*** Exercise data ***

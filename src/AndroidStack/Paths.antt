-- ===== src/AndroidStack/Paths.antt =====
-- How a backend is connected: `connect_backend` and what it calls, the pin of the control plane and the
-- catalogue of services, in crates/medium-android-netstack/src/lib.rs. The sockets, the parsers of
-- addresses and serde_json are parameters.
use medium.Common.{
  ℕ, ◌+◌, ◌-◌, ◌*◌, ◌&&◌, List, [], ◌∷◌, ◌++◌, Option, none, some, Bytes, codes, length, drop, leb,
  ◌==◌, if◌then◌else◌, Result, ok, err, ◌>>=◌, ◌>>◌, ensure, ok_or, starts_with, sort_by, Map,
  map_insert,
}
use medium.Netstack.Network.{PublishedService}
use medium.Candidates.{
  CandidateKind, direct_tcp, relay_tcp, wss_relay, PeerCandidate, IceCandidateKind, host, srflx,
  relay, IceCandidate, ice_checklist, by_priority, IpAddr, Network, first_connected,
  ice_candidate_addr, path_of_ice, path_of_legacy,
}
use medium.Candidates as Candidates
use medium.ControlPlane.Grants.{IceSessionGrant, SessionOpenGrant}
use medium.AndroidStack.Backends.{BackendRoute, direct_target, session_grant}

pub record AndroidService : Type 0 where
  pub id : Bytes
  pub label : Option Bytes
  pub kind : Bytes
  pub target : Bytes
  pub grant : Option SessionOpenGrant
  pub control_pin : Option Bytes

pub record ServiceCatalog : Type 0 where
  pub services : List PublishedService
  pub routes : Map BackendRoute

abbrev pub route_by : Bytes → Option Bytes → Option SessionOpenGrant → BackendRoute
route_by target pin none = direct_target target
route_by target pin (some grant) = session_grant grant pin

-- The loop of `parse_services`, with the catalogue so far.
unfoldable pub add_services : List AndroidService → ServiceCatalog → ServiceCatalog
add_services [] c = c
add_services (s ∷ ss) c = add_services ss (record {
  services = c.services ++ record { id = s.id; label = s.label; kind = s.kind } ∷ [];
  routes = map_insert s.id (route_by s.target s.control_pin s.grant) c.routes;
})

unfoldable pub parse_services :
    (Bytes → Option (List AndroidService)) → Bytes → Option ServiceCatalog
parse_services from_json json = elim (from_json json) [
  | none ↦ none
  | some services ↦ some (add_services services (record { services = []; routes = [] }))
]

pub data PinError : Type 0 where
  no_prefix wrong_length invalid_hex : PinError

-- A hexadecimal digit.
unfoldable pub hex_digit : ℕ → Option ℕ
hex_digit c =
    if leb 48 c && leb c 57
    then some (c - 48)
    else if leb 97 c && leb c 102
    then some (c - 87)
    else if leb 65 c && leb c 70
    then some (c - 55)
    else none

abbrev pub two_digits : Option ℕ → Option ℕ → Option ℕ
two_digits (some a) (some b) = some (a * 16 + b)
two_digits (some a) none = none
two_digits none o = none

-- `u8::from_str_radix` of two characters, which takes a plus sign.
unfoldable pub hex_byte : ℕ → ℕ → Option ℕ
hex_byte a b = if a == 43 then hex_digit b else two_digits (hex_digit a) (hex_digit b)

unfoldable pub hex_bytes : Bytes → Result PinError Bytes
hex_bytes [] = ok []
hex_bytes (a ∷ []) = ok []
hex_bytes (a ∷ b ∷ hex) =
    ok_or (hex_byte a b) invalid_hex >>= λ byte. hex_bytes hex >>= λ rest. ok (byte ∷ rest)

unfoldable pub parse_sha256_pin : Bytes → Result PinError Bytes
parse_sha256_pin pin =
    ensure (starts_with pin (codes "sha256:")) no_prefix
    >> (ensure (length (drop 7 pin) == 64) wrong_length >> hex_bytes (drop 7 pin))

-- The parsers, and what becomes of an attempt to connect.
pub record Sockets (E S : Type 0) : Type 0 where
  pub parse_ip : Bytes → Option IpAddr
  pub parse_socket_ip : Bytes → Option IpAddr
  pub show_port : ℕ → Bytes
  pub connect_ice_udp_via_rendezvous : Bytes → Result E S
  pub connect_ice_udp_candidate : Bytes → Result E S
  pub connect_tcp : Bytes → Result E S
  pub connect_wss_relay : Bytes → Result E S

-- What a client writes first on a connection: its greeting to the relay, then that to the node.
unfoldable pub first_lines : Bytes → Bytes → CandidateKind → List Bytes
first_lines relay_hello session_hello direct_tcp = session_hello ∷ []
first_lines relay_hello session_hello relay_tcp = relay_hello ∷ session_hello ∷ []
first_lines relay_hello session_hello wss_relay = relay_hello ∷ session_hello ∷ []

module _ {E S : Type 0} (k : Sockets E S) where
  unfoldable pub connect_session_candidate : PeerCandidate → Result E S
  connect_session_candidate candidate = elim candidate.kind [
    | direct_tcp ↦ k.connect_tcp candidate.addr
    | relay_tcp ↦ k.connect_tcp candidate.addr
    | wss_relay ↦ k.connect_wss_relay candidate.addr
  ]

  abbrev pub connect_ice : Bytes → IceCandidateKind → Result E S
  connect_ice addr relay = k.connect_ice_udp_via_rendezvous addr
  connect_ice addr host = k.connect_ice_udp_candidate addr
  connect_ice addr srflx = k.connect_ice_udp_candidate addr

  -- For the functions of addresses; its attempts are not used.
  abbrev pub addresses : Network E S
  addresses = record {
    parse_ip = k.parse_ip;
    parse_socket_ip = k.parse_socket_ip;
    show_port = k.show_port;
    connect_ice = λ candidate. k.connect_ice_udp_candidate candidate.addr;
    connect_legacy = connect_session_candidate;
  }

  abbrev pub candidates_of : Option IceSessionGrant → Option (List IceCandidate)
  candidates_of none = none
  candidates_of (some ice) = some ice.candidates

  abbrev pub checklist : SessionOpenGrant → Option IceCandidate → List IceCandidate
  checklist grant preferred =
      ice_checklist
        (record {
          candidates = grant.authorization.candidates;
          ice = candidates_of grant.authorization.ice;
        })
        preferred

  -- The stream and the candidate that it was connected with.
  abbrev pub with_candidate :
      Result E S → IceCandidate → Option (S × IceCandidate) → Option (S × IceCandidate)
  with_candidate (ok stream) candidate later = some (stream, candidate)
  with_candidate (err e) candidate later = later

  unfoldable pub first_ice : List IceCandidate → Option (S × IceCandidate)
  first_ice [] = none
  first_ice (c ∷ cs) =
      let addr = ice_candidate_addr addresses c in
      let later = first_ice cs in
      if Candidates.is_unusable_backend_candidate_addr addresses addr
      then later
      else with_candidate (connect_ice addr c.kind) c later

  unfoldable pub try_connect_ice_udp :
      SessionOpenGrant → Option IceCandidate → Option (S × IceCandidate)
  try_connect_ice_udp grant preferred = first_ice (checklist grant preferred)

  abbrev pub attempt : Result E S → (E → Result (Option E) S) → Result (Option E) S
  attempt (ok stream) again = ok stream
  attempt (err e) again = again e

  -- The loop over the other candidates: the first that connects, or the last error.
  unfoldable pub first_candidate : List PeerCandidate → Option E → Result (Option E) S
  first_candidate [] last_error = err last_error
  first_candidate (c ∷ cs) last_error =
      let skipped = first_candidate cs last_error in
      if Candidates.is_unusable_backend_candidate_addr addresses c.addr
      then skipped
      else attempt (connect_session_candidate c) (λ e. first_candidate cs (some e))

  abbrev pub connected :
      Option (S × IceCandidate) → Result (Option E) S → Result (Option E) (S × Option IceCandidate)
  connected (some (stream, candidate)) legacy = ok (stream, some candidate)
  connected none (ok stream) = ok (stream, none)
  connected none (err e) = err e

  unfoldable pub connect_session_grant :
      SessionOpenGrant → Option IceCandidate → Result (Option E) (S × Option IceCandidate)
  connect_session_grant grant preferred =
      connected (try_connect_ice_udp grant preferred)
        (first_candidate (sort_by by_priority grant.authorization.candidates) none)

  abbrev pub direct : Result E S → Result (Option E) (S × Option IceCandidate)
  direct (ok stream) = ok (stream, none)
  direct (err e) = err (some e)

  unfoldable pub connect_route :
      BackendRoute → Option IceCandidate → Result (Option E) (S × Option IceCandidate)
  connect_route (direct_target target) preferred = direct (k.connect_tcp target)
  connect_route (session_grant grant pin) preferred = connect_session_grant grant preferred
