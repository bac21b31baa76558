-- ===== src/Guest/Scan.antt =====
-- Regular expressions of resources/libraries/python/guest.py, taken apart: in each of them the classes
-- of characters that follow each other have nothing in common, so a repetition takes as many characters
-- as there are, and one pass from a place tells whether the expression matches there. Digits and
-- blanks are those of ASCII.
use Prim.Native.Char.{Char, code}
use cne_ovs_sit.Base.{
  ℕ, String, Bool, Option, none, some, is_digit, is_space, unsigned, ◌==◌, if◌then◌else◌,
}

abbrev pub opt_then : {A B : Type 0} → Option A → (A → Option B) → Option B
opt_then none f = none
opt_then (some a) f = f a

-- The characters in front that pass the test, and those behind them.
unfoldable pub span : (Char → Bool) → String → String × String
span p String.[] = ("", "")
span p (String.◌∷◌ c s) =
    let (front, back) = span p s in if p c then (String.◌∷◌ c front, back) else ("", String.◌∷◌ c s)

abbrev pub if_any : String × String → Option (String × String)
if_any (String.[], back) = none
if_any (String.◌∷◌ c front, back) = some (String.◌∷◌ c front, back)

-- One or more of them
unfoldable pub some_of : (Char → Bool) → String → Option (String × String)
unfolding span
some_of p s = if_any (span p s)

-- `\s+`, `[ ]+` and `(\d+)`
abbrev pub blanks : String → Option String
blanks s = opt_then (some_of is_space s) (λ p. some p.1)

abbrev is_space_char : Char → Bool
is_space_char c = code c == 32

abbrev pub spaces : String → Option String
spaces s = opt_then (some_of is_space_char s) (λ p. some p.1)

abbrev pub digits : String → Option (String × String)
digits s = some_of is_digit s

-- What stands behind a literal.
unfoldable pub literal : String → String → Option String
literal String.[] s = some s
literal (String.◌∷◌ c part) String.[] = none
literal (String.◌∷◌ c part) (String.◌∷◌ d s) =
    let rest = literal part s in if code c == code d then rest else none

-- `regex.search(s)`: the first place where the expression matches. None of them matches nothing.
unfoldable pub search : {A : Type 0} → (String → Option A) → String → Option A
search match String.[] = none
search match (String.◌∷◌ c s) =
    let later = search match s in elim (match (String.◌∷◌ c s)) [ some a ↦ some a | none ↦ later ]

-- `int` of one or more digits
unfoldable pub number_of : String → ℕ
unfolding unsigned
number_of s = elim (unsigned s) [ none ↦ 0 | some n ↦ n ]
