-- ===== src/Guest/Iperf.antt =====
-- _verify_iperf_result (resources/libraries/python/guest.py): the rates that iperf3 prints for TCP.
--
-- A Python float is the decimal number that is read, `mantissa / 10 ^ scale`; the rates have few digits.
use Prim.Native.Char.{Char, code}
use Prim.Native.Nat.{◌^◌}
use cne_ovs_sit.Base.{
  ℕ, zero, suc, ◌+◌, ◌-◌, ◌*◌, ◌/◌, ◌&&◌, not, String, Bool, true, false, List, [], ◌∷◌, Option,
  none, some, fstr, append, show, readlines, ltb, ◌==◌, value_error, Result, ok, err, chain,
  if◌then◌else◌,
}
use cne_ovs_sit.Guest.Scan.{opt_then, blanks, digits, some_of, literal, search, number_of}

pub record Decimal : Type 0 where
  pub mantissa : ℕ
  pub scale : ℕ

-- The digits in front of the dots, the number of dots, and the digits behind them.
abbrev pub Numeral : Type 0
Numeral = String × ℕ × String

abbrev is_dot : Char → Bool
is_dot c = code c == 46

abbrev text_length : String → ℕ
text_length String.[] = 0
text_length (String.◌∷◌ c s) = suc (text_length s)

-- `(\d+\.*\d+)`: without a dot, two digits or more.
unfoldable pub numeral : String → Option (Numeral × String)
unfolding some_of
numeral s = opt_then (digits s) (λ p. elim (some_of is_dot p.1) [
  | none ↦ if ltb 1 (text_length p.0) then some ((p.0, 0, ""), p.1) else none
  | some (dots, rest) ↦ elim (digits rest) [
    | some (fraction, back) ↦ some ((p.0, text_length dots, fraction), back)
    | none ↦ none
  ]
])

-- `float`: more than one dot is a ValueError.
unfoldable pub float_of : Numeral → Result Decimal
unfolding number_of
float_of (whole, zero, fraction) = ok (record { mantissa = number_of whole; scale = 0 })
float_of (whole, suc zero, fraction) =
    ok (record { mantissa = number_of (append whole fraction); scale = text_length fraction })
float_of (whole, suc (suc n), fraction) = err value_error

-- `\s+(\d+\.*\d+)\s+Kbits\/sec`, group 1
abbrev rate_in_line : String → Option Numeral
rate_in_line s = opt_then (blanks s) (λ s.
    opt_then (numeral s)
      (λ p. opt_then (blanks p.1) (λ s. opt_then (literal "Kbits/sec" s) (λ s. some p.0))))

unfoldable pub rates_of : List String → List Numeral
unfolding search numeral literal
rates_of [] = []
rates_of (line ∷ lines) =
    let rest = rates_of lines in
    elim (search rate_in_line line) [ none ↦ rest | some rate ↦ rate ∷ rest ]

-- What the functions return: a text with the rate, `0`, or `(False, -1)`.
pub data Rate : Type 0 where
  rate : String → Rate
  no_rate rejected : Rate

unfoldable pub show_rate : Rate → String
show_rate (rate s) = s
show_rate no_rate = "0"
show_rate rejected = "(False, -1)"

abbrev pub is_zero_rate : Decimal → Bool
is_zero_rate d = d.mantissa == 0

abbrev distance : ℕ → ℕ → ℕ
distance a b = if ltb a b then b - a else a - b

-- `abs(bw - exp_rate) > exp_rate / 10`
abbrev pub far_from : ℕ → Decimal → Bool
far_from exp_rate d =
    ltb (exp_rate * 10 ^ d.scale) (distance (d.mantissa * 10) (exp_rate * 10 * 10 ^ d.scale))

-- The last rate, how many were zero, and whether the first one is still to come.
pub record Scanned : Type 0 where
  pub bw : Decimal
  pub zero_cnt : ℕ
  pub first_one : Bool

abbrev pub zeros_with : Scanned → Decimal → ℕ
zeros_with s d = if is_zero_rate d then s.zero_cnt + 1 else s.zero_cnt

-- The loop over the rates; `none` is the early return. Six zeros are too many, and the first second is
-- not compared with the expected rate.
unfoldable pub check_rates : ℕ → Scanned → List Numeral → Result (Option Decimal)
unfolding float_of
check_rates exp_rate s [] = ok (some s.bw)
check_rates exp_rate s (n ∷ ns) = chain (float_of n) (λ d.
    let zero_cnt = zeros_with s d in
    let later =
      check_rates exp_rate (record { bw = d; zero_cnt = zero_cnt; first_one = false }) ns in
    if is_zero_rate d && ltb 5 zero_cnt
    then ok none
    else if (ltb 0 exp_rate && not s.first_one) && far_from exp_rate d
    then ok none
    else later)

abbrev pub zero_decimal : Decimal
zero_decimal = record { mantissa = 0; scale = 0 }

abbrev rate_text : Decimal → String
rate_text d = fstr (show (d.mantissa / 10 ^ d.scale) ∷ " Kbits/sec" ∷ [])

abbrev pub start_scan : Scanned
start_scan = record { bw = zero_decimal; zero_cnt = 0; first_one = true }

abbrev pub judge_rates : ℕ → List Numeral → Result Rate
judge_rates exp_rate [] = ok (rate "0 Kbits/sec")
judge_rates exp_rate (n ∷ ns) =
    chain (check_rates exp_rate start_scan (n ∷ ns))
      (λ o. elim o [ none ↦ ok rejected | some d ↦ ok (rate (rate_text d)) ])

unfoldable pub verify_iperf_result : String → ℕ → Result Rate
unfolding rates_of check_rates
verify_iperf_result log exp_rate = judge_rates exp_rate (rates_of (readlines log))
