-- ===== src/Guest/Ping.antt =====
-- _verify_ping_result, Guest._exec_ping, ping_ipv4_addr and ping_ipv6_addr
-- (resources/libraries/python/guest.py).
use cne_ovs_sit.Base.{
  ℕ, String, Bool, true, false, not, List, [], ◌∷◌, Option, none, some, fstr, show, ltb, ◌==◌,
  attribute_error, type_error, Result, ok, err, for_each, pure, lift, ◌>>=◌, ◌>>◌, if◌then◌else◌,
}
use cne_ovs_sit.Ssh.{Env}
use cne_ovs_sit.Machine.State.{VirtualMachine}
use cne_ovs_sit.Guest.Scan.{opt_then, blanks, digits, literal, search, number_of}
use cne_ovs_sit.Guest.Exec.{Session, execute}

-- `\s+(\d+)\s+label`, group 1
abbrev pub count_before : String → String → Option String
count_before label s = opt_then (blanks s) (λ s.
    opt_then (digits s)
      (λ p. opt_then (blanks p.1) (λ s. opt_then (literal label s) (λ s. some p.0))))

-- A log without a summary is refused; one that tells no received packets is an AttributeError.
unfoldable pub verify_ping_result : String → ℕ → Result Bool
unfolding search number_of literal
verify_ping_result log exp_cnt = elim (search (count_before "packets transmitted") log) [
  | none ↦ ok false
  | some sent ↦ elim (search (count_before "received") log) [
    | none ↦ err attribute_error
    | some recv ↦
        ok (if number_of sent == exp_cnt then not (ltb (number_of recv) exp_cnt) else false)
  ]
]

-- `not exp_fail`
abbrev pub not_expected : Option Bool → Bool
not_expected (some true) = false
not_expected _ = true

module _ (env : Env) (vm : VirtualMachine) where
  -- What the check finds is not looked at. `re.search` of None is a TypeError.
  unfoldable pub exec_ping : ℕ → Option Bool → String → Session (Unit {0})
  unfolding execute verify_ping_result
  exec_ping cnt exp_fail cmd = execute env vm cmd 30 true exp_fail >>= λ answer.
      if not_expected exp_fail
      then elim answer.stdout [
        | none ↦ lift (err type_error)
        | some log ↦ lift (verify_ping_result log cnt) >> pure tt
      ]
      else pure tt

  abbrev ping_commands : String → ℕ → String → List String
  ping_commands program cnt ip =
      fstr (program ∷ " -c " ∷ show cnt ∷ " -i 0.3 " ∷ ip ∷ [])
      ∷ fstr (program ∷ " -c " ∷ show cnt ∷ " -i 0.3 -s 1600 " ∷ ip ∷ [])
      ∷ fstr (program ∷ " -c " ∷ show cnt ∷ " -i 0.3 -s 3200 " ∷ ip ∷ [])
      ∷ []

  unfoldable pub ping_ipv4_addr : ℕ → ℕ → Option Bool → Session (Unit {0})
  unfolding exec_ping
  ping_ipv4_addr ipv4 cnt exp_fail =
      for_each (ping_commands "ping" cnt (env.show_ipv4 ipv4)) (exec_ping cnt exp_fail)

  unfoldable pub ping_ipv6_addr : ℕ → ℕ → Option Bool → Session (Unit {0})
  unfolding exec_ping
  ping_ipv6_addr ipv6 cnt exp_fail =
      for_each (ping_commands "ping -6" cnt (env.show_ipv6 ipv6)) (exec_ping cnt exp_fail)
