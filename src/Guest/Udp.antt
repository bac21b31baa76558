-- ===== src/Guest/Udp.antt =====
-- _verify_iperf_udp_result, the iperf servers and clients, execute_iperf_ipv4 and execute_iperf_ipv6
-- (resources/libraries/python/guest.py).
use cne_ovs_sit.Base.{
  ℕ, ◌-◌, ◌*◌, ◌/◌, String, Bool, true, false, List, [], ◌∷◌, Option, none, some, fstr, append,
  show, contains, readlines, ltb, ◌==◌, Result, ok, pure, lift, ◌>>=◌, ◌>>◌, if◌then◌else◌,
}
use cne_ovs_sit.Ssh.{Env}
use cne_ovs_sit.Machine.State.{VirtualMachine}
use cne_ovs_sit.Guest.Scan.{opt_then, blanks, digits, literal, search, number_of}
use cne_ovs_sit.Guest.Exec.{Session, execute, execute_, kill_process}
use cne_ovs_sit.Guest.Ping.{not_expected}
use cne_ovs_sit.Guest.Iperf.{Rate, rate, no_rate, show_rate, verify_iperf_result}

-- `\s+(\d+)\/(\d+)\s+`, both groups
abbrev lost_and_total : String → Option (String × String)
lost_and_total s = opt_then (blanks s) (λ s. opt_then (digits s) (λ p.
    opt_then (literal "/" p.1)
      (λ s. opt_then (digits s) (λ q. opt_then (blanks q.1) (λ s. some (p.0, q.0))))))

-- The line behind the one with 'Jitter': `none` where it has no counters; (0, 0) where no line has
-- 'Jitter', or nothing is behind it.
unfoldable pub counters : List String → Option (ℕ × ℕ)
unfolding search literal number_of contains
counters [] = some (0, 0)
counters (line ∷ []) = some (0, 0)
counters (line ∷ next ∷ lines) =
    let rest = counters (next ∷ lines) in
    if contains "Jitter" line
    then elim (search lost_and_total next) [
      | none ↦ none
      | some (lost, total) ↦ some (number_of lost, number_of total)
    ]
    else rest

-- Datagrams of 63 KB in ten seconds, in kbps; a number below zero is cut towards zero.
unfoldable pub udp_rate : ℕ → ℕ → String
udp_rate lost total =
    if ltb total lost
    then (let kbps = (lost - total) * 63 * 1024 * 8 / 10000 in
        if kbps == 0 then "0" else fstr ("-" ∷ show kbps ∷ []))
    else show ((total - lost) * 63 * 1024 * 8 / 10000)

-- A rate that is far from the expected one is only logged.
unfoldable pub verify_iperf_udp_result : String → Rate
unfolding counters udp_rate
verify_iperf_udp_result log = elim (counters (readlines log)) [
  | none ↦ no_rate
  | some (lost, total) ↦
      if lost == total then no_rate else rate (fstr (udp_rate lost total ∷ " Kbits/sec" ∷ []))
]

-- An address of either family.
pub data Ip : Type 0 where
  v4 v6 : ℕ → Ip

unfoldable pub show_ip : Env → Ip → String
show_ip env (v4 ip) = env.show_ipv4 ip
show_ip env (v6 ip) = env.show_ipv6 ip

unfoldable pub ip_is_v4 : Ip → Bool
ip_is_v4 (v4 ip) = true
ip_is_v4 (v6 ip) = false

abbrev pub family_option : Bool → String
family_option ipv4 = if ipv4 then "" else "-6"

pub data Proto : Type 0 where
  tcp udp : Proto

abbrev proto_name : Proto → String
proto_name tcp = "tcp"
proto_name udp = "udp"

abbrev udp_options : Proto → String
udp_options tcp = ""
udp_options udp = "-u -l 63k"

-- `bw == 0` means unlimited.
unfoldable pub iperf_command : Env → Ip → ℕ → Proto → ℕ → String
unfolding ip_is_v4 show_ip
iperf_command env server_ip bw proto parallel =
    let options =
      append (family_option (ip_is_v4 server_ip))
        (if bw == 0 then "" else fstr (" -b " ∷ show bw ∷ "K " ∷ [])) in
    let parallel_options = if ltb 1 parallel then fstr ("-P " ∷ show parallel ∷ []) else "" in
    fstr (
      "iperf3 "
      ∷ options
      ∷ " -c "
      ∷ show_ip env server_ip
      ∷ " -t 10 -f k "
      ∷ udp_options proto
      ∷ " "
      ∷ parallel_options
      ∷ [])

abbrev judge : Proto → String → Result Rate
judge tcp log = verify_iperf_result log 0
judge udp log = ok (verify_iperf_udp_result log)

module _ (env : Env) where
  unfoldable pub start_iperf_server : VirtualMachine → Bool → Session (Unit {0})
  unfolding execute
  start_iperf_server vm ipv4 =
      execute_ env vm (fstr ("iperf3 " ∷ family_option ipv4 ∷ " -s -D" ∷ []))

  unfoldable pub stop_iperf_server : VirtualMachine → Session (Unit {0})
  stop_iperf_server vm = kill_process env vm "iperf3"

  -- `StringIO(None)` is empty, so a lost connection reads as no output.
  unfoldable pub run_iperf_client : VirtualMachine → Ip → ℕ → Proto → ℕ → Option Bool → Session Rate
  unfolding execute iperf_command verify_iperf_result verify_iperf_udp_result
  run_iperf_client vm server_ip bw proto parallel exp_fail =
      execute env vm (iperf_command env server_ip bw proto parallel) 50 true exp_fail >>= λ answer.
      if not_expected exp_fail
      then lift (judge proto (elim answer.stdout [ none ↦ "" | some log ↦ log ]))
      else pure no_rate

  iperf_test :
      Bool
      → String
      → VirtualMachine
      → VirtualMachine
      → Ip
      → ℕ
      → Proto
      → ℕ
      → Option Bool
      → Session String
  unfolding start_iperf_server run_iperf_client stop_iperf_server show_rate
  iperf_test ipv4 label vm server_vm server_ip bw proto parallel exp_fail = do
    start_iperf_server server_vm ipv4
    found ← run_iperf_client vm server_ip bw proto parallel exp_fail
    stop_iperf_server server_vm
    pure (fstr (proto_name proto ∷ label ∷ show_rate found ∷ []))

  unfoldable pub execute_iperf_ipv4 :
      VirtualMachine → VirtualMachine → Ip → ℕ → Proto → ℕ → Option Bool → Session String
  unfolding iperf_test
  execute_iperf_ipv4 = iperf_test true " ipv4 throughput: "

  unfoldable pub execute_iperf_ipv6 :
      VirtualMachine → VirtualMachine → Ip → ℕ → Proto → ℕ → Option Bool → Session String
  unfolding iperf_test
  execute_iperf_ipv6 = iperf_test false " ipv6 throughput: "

***

▶ [The task]
From the records above, copy each line where the word "ensure" can be found.

▶ [Written solution]
  ◌==◌, if◌then◌else◌, Result, ok, err, ◌>>=◌, ◌>>◌, ensure, ok_or, starts_with, sort_by, Map,
    ensure (starts_with pin (codes "sha256:")) no_prefix
    >> (ensure (length (drop 7 pin) == 64) wrong_length >> hex_bytes (drop 7 pin))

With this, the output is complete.